→ **PROMPT**: Nothing but the lines from the line with "pub data Step" to the end of the records below should appear in the answer, each exactly as given.

→ **Collected data**:
___

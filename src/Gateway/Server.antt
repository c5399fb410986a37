-- ===== src/Gateway/Server.antt =====
-- WsServer of internal/msggateway/n_ws_server.go, with the parts of client.go and hub_server.go
-- that change its state: logins, kicks, disconnections, and the loop of `Run` that handles them.
--
-- The three channels are queues without a bound (the code's hold 1000 entries, and a sender waits
-- while one is full). What a handler reads from a service is a field of `Env`; what it sends to one
-- is appended to a field of `Server`. Frames to the client, logs and metrics are left out.
pub mod Checker
pub mod Tokens
pub mod Sizes
pub mod Counts
pub mod Kicks
use open_im_server.Base.{
  ℕ, ◌==◌, ◌≡◌, Bool, true, false, not, ◌&&◌, Bytes, bytes_discrete, List, [], ◌∷◌, ◌++◌, Option,
  none, some, Map, contains, if◌then◌else◌, dec_true, Error, is_redis_nil,
}
use open_im_server.Base.Int.{ℤ, pos, ◌+ℤ◌, ◌-ℤ◌}
use open_im_server.Gateway.Client.{Client}
use open_im_server.Gateway.UserMap
use open_im_server.Gateway.UserMap.{UserMap}

-- `MultiLoginPolicy`: the three values that `multiTerminalLoginChecker` names, and the rest.
pub data LoginPolicy : Type 0 where
  defalut_not_kick pc_and_other all_login_but_same_term_kick : LoginPolicy
  other_policy : ℕ → LoginPolicy

pub data UserStatus : Type 0 where
  online offline : UserStatus

pub record KickHandler : Type 0 where
  pub client_ok : Bool
  pub old_clients : List Client
  pub new_client : Client

-- The configuration, and the answers of the services that the handlers call.
pub record Env : Type 0 where
  pub multi_login_policy : LoginPolicy
  pub discovery_is_zookeeper : Bool
  -- constant.PlatformIDToClass(id) == constant.TerminalPC
  pub is_pc : ℕ → Bool
  pub kicked_token : ℕ
  -- cache.GetTokensWithoutError: the map, nil or not, and the error
  pub get_tokens : Bytes → ℕ → Option (Map Bytes ℕ) × Option Error

pub record Server : Type 0 where
  pub clients : UserMap
  pub online_user_num : ℤ
  pub online_user_conn_num : ℤ
  pub register_chan : List Client
  pub unregister_chan : List Client
  pub kick_handler_chan : List KickHandler
  -- the addresses of the connections whose `closed` flag is set
  pub closed : List Bytes
  -- the calls of cache.SetTokenMapByUidPid
  pub token_writes : List (Bytes × ℕ × Map Bytes ℕ)
  -- the calls of SetUserOnlineStatus and of sendUserOnlineInfoToOtherNode
  pub statuses : List (Bytes × ℕ × UserStatus)
  pub announced : List Client

-- `(c *Client) close()`: nothing if it is closed already.
unfoldable pub close : Client → Server → Server
close c s = if contains bytes_discrete c.remote_addr s.closed then s else record s {
  closed = c.remote_addr ∷ s.closed;
  unregister_chan = s.unregister_chan ++ c ∷ [];
}

-- `KickOnlineMessage`: the frame, and then `close`.
unfoldable pub kick_online_message : Client → Server → Server
unfolding close
kick_online_message c s = close c s

unfoldable pub kick_all : List Client → Server → Server
unfolding kick_online_message
kick_all [] s = s
kick_all (c ∷ cs) s = kick_all cs (kick_online_message c s)

unfoldable pub kick_user_conn : Client → Server → Server
unfolding kick_online_message
kick_user_conn c s =
    kick_online_message c
      (record s { clients = (UserMap.delete_clients s.clients c.user_id (c ∷ [])).0 })

-- The loop over the token map: every token but the new connection's is marked as kicked.
unfoldable pub mark_kicked : ℕ → Bytes → Map Bytes ℕ → Map Bytes ℕ
mark_kicked kicked token [] = []
mark_kicked kicked token ((k, v) ∷ m) =
    (k, if dec_true (bytes_discrete k token) then v else kicked) ∷ mark_kicked kicked token m

-- The end of `multiTerminalLoginChecker`: nothing when the tokens cannot be read.
unfoldable pub write_tokens : Env → Client → Option (Map Bytes ℕ) × Option Error → Server → Server
unfolding mark_kicked
write_tokens env c (none, e) s = s
write_tokens env c (some m, none) s = record s {
  token_writes =
      s.token_writes ++ (c.user_id, c.platform_id, mark_kicked env.kicked_token c.token m) ∷ [];
}
write_tokens env c (some m, some e) s =
    if is_redis_nil e
    then record s {
      token_writes =
          s.token_writes ++ (c.user_id, c.platform_id, mark_kicked env.kicked_token c.token m) ∷ [];
    }
    else s

-- The case `AllLoginButSameTermKick`.
unfoldable pub kick_same_terminal : Env → Bool → List Client → Client → Server → Server
unfolding write_tokens kick_all
kick_same_terminal env client_ok old_clients c s =
    if client_ok
    then write_tokens env c (env.get_tokens c.user_id c.platform_id) (
        kick_all old_clients
          (record s { clients = (UserMap.delete_clients s.clients c.user_id old_clients).0 }))
    else s

-- `multiTerminalLoginChecker`, by the policy; `PCAndOther` falls through unless the client is a PC.
unfoldable pub check_policy : LoginPolicy → Env → Bool → List Client → Client → Server → Server
unfolding kick_same_terminal
check_policy defalut_not_kick env client_ok old_clients c s = s
check_policy pc_and_other env client_ok old_clients c s =
    if env.is_pc c.platform_id then s else kick_same_terminal env client_ok old_clients c s
check_policy all_login_but_same_term_kick env client_ok old_clients c s =
    kick_same_terminal env client_ok old_clients c s
check_policy (other_policy n) env client_ok old_clients c s = s

unfoldable pub multi_terminal_login_checker : Env → Bool → List Client → Client → Server → Server
unfolding check_policy
multi_terminal_login_checker env client_ok old_clients c s =
    check_policy env.multi_login_policy env client_ok old_clients c s

-- `SetUserOnlineStatus`, as the call that it makes.
abbrev pub set_status : Client → UserStatus → Server → Server
set_status c status s = record s {
  statuses = s.statuses ++ (c.user_id, c.platform_id, status) ∷ [];
}

abbrev pub announce : Env → Client → Server → Server
announce env c s =
    if env.discovery_is_zookeeper then record s { announced = s.announced ++ c ∷ [] } else s

-- `ws.clients.Set`, with one more connection.
abbrev pub add_conn : Client → Server → Server
add_conn c s = record s {
  clients = UserMap.set s.clients c.user_id c;
  online_user_conn_num = s.online_user_conn_num +ℤ pos 1;
}

unfoldable pub admit : Env → Client → List Client × Bool × Bool → Server → Server
unfolding multi_terminal_login_checker
admit env c (old_clients, false, client_ok) s =
    add_conn c (record s { online_user_num = s.online_user_num +ℤ pos 1 })
admit env c (old_clients, true, client_ok) s =
    add_conn c (multi_terminal_login_checker env client_ok old_clients c s)

unfoldable pub register_client : Env → Client → Server → Server
unfolding admit
register_client env c s =
    set_status c online
      (announce env c (admit env c (UserMap.get s.clients c.user_id c.platform_id) s))

unfoldable pub unregister_client : Client → Server → Server
unregister_client c s =
    let (clients, is_delete_user) = UserMap.delete_addr s.clients c.user_id c.remote_addr in
    set_status c offline (record s {
      clients = clients;
      online_user_num = if is_delete_user then s.online_user_num -ℤ pos 1 else s.online_user_num;
      online_user_conn_num = s.online_user_conn_num -ℤ pos 1;
    })

-- `KickUserOffline` of hub_server.go: every connection of each user on the platform.
unfoldable pub kick_conns : List Client → Server → Server
unfolding kick_user_conn
kick_conns [] s = s
kick_conns (c ∷ cs) s = kick_conns cs (kick_user_conn c s)

unfoldable pub kick_found : List Client × Bool × Bool → Server → Server
unfolding kick_conns
kick_found (cs, user_ok, false) s = s
kick_found (cs, user_ok, true) s = kick_conns cs s

unfoldable pub kick_user_offline : List Bytes → ℕ → Server → Server
unfolding kick_found
kick_user_offline [] platform_id s = s
kick_user_offline (v ∷ vs) platform_id s =
    kick_user_offline vs platform_id (kick_found (UserMap.get s.clients v platform_id) s)

-- `MultiTerminalLoginCheck` of hub_server.go: a login at another node. Its temporary client has an
-- empty address.
unfoldable pub login_check : List Client × Bool × Bool → Client → Server → Server
login_check (old_clients, false, client_ok) c s = s
login_check (old_clients, true, client_ok) c s = record s {
  kick_handler_chan =
      s.kick_handler_chan
      ++ record { client_ok = client_ok; old_clients = old_clients; new_client = c } ∷ [];
}

unfoldable pub multi_terminal_login_check : Bytes → ℕ → Bytes → Server → Server
unfolding login_check
multi_terminal_login_check user_id platform_id token s =
    login_check (UserMap.get s.clients user_id platform_id)
      (record {
        user_id = user_id;
        platform_id = platform_id;
        remote_addr = [];
        token = token;
        is_background = false;
        is_compress = false;
      })
      s

-- What can happen next: `select` in `Run` takes from any channel that has an entry, the other
-- steps come from the connections and from MultiTerminalLoginCheck, and do not write to the map.
-- KickUserOffline is no step: it writes to the map outside of the loop of `Run`, and what it has
-- loaded may be old when it is stored.
pub data Step (env : Env) : Server → Server → Type 0 where
  connect :
      (c : Client) (s : Server)
      → Step env s (record s { register_chan = s.register_chan ++ c ∷ [] })
  hang_up : (c : Client) (s : Server) → Step env s (close c s)
  on_register :
      (c : Client) (rest : List Client) (s : Server)
      → s.register_chan ≡ c ∷ rest
      → Step env s (register_client env c (record s { register_chan = rest }))
  on_unregister :
      (c : Client) (rest : List Client) (s : Server)
      → s.unregister_chan ≡ c ∷ rest
      → Step env s (unregister_client c (record s { unregister_chan = rest }))
  on_kick :
      (k : KickHandler) (rest : List KickHandler) (s : Server)
      → s.kick_handler_chan ≡ k ∷ rest
      → Step env s (
          multi_terminal_login_checker env k.client_ok k.old_clients k.new_client
            (record s { kick_handler_chan = rest }))
  check_login :
      (user_id : Bytes) (platform_id : ℕ) (token : Bytes) (s : Server)
      → Step env s (multi_terminal_login_check user_id platform_id token s)

pub data Reach (env : Env) (s : Server) : Server → Type 0 where
  here : Reach env s s
  next : {t u : Server} → Reach env s t → Step env t u → Reach env s u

___

→ **EXPECTED ANSWER**:
pub data Step (env : Env) : Server → Server → Type 0 where
  connect :
      (c : Client) (s : Server)
      → Step env s (record s { register_chan = s.register_chan ++ c ∷ [] })
  hang_up : (c : Client) (s : Server) → Step env s (close c s)
  on_register :
      (c : Client) (rest : List Client) (s : Server)
      → s.register_chan ≡ c ∷ rest
      → Step env s (register_client env c (record s { register_chan = rest }))
  on_unregister :
      (c : Client) (rest : List Client) (s : Server)
      → s.unregister_chan ≡ c ∷ rest
      → Step env s (unregister_client c (record s { unregister_chan = rest }))
  on_kick :
      (k : KickHandler) (rest : List KickHandler) (s : Server)
      → s.kick_handler_chan ≡ k ∷ rest
      → Step env s (
          multi_terminal_login_checker env k.client_ok k.old_clients k.new_client
            (record s { kick_handler_chan = rest }))
  check_login :
      (user_id : Bytes) (platform_id : ℕ) (token : Bytes) (s : Server)
      → Step env s (multi_terminal_login_check user_id platform_id token s)

pub data Reach (env : Env) (s : Server) : Server → Type 0 where
  here : Reach env s s
  next : {t u : Server} → Reach env s t → Step env t u → Reach env s u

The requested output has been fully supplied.